Mrs Pa’ris was my teacher in grade 3. Back in Sri Lanka, her name was pronounced, Paa-ris. Leading up to grade three, from kindergarten up, we had Mrs Cooray, Miss Yvonne and Miss Angela — our class teachers. Mrs Cooray taught us the alphabet on slate tablets. Miss Yvonne’s job was to make us God-fearing, devout Catholic boys and teach us complex matters like the Holy Trinity and life after death. Both of which we could not grasp as six-year-olds. Miss Angela prepared us to receive the holy communion and confession. But they were kind teachers.
Not so, Mrs Pa’ris, who taught in grade 3. She had a reputation in primary school, not a good one. She was a terror. As the year in grade 2 ended, we did not want to move to grade 3 and face Mrs Pa’ris. We wanted to bypass grade 3 and go straight to grade 4. But that was not possible in primary education. We had no choice.
With hesitation, we landed in grade 3 in Mrs Pa’ris’s class. There was a tiny bonus, a consolation bonus. Grade 3 was on the 1st floor of the primary school building. Kids love climbing stairs, so we loved going up and down, despite Mrs Pa’ris’s stares from her classroom.

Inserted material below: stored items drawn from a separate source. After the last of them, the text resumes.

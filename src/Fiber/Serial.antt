-- ===== src/Fiber/Serial.antt =====
-- A fiber that nobody interrupts does what the method does.
use blackrock.Prelude.{
  true, ◌≡◌, refl, inl, inr, Option, none, some, arith, Bool-cases, Option-cases,
}
use blackrock.Text.{Text, text_eq}
use blackrock.Users.{User, find_by_id, customer_id, free}
use blackrock.Stripe.{Result-cases, cancel_subscription, ok, create_customer, Services}
use blackrock.Action.{World}
use blackrock.Cards.{CleanSource, logged_in_user, first_source, create_user, add_card_for_user}
use blackrock.Fiber.{done, alone}
use blackrock.Fiber.Alone.{alone->>=}
use blackrock.Stripe.Objects.{current_subscription}
use blackrock.Subscriptions.{
  set_this_user, cancel_subscription_of, customer_for_card, create_user_subscription,
  update_user_subscription, subscribe, report_card,
}
use blackrock.Fiber.Methods.{
  customer_for_card_fiber, pay_plan_fiber, buy_plan_fiber, cancel_fiber, update_plan_fiber,
  create_user_fiber, add_card_fiber,
}

module _ {S : Type 0} (v : Services S) where
  alone-create_user :
      (user_id token email : Text) (w : World S)
      → alone (create_user_fiber v user_id token email) w ≡ create_user v user_id token email w
  unfolding alone create_user_fiber create_user
  alone-create_user user_id token email w = ground arith

  pub alone-add_card :
      (session : Option Text) (token email : Text) (w : World S)
      → alone (add_card_fiber v session token email) w ≡ add_card_for_user v session token email w
  unfolding alone add_card_fiber add_card_for_user logged_in_user create_user_fiber create_user
  alone-add_card none token email w = refl
  alone-add_card (some user_id) token email w = elim (Option-cases (find_by_id user_id w.users)) [
    | inl gone ↦ ground arith
    | inr (user, found) ↦ elim (Option-cases (customer_id user)) [
      | inr (id, has) ↦ ground arith
      | inl fresh ↦
          elim (Result-cases
            (v.request_customer (create_customer token email (some user_id)) w.outside).0) [
              | inr (e, refused) ↦ ground arith
              | inl (customer, made) ↦ elim (Option-cases (first_source customer)) [
                | inl bare ↦ ground arith
                | inr (source, has) ↦ ground arith
              ]
            ]
    ]
  ]

  alone-customer_for_card :
      (user_id token email : Text) (user : User) (w : World S)
      → alone (customer_for_card_fiber v user_id token email user) w
        ≡ customer_for_card v user_id token email user w
  unfolding alone customer_for_card_fiber create_user_fiber customer_for_card create_user
  alone-customer_for_card user_id token email user w = elim (Option-cases (customer_id user)) [
    | inl fresh ↦
        elim (Result-cases
          (v.request_customer (create_customer token email (some user_id)) w.outside).0) [
            | inr (e, refused) ↦ ground arith
            | inl (customer, made) ↦ elim (Option-cases (first_source customer)) [
              | inl bare ↦ ground arith
              | inr (source, has) ↦ ground arith
            ]
          ]
    | inr (id, has) ↦ ground (
      arith,
      has,
      alone->>= {B = Text × Option CleanSource} (add_card_fiber v (some user_id) token email)
          (λ clean. done (ok (id, some clean))) w,
      alone-add_card (some user_id) token email w,
    )
  ]

  alone-cancel :
      (user_id id : Text) (w : World S)
      → alone (cancel_fiber v id) w ≡ cancel_subscription_of v none user_id id w
  unfolding alone cancel_fiber cancel_subscription_of set_this_user
  alone-cancel user_id id w = elim (Result-cases (v.retrieve_customer id w.outside)) [
    | inr (e, refused) ↦ ground arith
    | inl (customer, read') ↦ elim (Option-cases (current_subscription customer)) [
      | inl none' ↦ ground arith
      | inr (current, is) ↦ elim (Bool-cases current.cancel_at_period_end) [
        | inl ends ↦ ground arith
        | inr runs ↦
            elim (Result-cases
              (v.request_subscription (cancel_subscription id current.id true) w.outside).0) [
                | inl (info, canceled) ↦ ground arith
                | inr (e, thrown) ↦ ground arith
              ]
      ]
    ]
  ]

  pub alone-buy_plan :
      (session : Option Text) (token email plan : Text) (w : World S)
      → alone (buy_plan_fiber v session token email plan) w
        ≡ create_user_subscription v session token email plan w
  unfolding alone buy_plan_fiber pay_plan_fiber create_user_subscription logged_in_user
  alone-buy_plan none token email plan w = refl
  alone-buy_plan (some user_id) token email plan w =
      elim (Option-cases (find_by_id user_id w.users)) [
        | inl gone ↦ ground arith
        | inr (user, found) ↦ ground (
          arith,
          found,
          alone->>= {B = Option CleanSource} (customer_for_card_fiber v user_id token email user)
              (pay_plan_fiber v user_id plan) w,
          alone-customer_for_card user_id token email user w,
        )
      ]

  pub alone-update_plan :
      (session : Option Text) (plan : Text) (w : World S)
      → alone (update_plan_fiber v session plan) w ≡ update_user_subscription v session plan w
  unfolding alone update_plan_fiber update_user_subscription logged_in_user
  alone-update_plan none plan w = refl
  alone-update_plan (some user_id) plan w = elim (Result-cases (v.get_plan plan none w.outside)) [
    | inr (e, refused) ↦ ground arith
    | inl (info, known) ↦ elim (Bool-cases info.hidden) [
      | inl hidden ↦ ground arith
      | inr offered ↦ elim (Option-cases (find_by_id user_id w.users)) [
        | inl gone ↦ ground arith
        | inr (user, found) ↦ elim (Option-cases (customer_id user)) [
          | inl fresh ↦ ground arith
          | inr (id, has) ↦ elim (Bool-cases (text_eq plan free)) [
            | inl ends ↦ ground (arith, alone-cancel user_id id w)
            | inr paid ↦ elim (Result-cases (v.retrieve_customer id w.outside)) [
              | inr (e, refused) ↦ ground arith
              | inl (customer, is) ↦ elim (Result-cases (subscribe v id plan customer w).0) [
                | inl (done', made) ↦ ground arith
                | inr (e, thrown) ↦
                    elim (Result-cases (report_card v e (subscribe v id plan customer w).1).0) [
                      | inl (done', made) ↦ ground arith
                      | inr (e', thrown') ↦ ground arith
                    ]
              ]
            ]
          ]
        ]
      ]
    ]
  ]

In Grade 3, the boys had to adjust drastically quickly. Nobody was allowed to be kids. Pin-drop silence was demanded, and Mrs Pa’ris got that from the frightened kids. She never called students by their names. On top of that, she had squint eyes. Now, kids had no foresight to deal with this from the terror of a teacher. She interrupted her teaching to ask questions while looking at a student with crossed eyes, expecting a student to answer. Her right and left eyes were playing games, pointing in different directions. She thought her stare alone would be sufficient to make any frightened boy stand up and answer. A kid from the left got up to answer. Mrs Pa’ris was indeed looking at a boy at the right. She would quickly admonish the innocent kid on the left for standing and blast the boy on the right for not standing up to answer. She yelled at them for being disobedient, threatening to hit them.
The little kids, who just turned eight, had no way of figuring this out. After a little while, the kids figured out the root cause. A nickname was invented, ‘Bombay-looking-Calcutta’. It was our first geography lesson. Mumbai from the west coast of neighbouring India, vs Kolkata from the east coast of India, cities some 2000 kilometres apart, became our barometer of distances. One would not dare to say ‘Bombay-looking-Calcutta’ near her. The boys cheekily whispered it among them. That was the only way the boys could get some justice from the monster of Mrs Pa’ris.
Mrs Pa’ris carried a wooden foot ruler, punishing kids for silly mistakes. She called the students to the front and hit them with her ruler on their knuckles. When that thing hit the bones, it pained more than a hit on flesh. She hated boys so much that she was happiest when punishing them. A rumour circulated that she hated boys because she had three girls and no boys. So, we ended up as unwilling weapons in her biological warfare. We were her unfortunate human shield.
The only escape from Mrs Pa’ris was our sports period when Mr Herbert, the sports teacher took us out to the school ground to play. Boys played football, climbed pillars, and ran around the ground, trying to forget happenings in their terror cell of a class. During school intervals, some boys slid down the rails on the stairs from the first floor to the ground. They were the only breakouts the little boys had from Mrs Pa’ris.
Mrs Pa’ris invented other ways to get back at the boys she could not punish physically. The school finished at 3.15 pm, pretty late for eight-year-olds. Her punishment was to hold the little boys back to clean up the classroom, sweeping, picking dirt and wiping the desks. She caught me one day not paying attention. The punishment was to stay back after class and clean up. My dear grandmother was waiting at the school to take me home. While she sat under a tree waiting for me, I was left to clean up the entire classroom. After that massive clean-up that took ages, Mrs Pa’ris inspected my work and let me return to my grandmother. Too late into the afternoon, we missed our regular buses and reached home late.
Now, my mother was not the one to stand for injustices. She was furious that night that her little boy was punished for a silly mistake. The next day my father dropped me at school, and my mother came to school to pick me up instead. She waited until the end of and entered the classroom when the bell rang. She bluntly told Mrs Pa’ris that she disagreed with her methods of punishment and that she would not tolerate them anymore on her son. Out of respect for both, I did not go close when they had their serious arguments. Shortly afterwards, my mother fetched me from the corner of the class and took me home but did not say anything about her conversations with Mrs Pa’ris.
After that day, Mrs Pa’ris left me alone. I was fortunately spared from her humiliations, but not so many of my friends. They hated these gross punishments from ‘Bombay-looking-Calcutta’.
My English textbook in grade 3, ‘English by Stages’. The English teacher was Miss Peterson; all kids loved her.
The boys waited impatiently for the year to pass to finish up grade 3 and move on to grade 4, the class of Dulcie teacher. That could not come soon enough.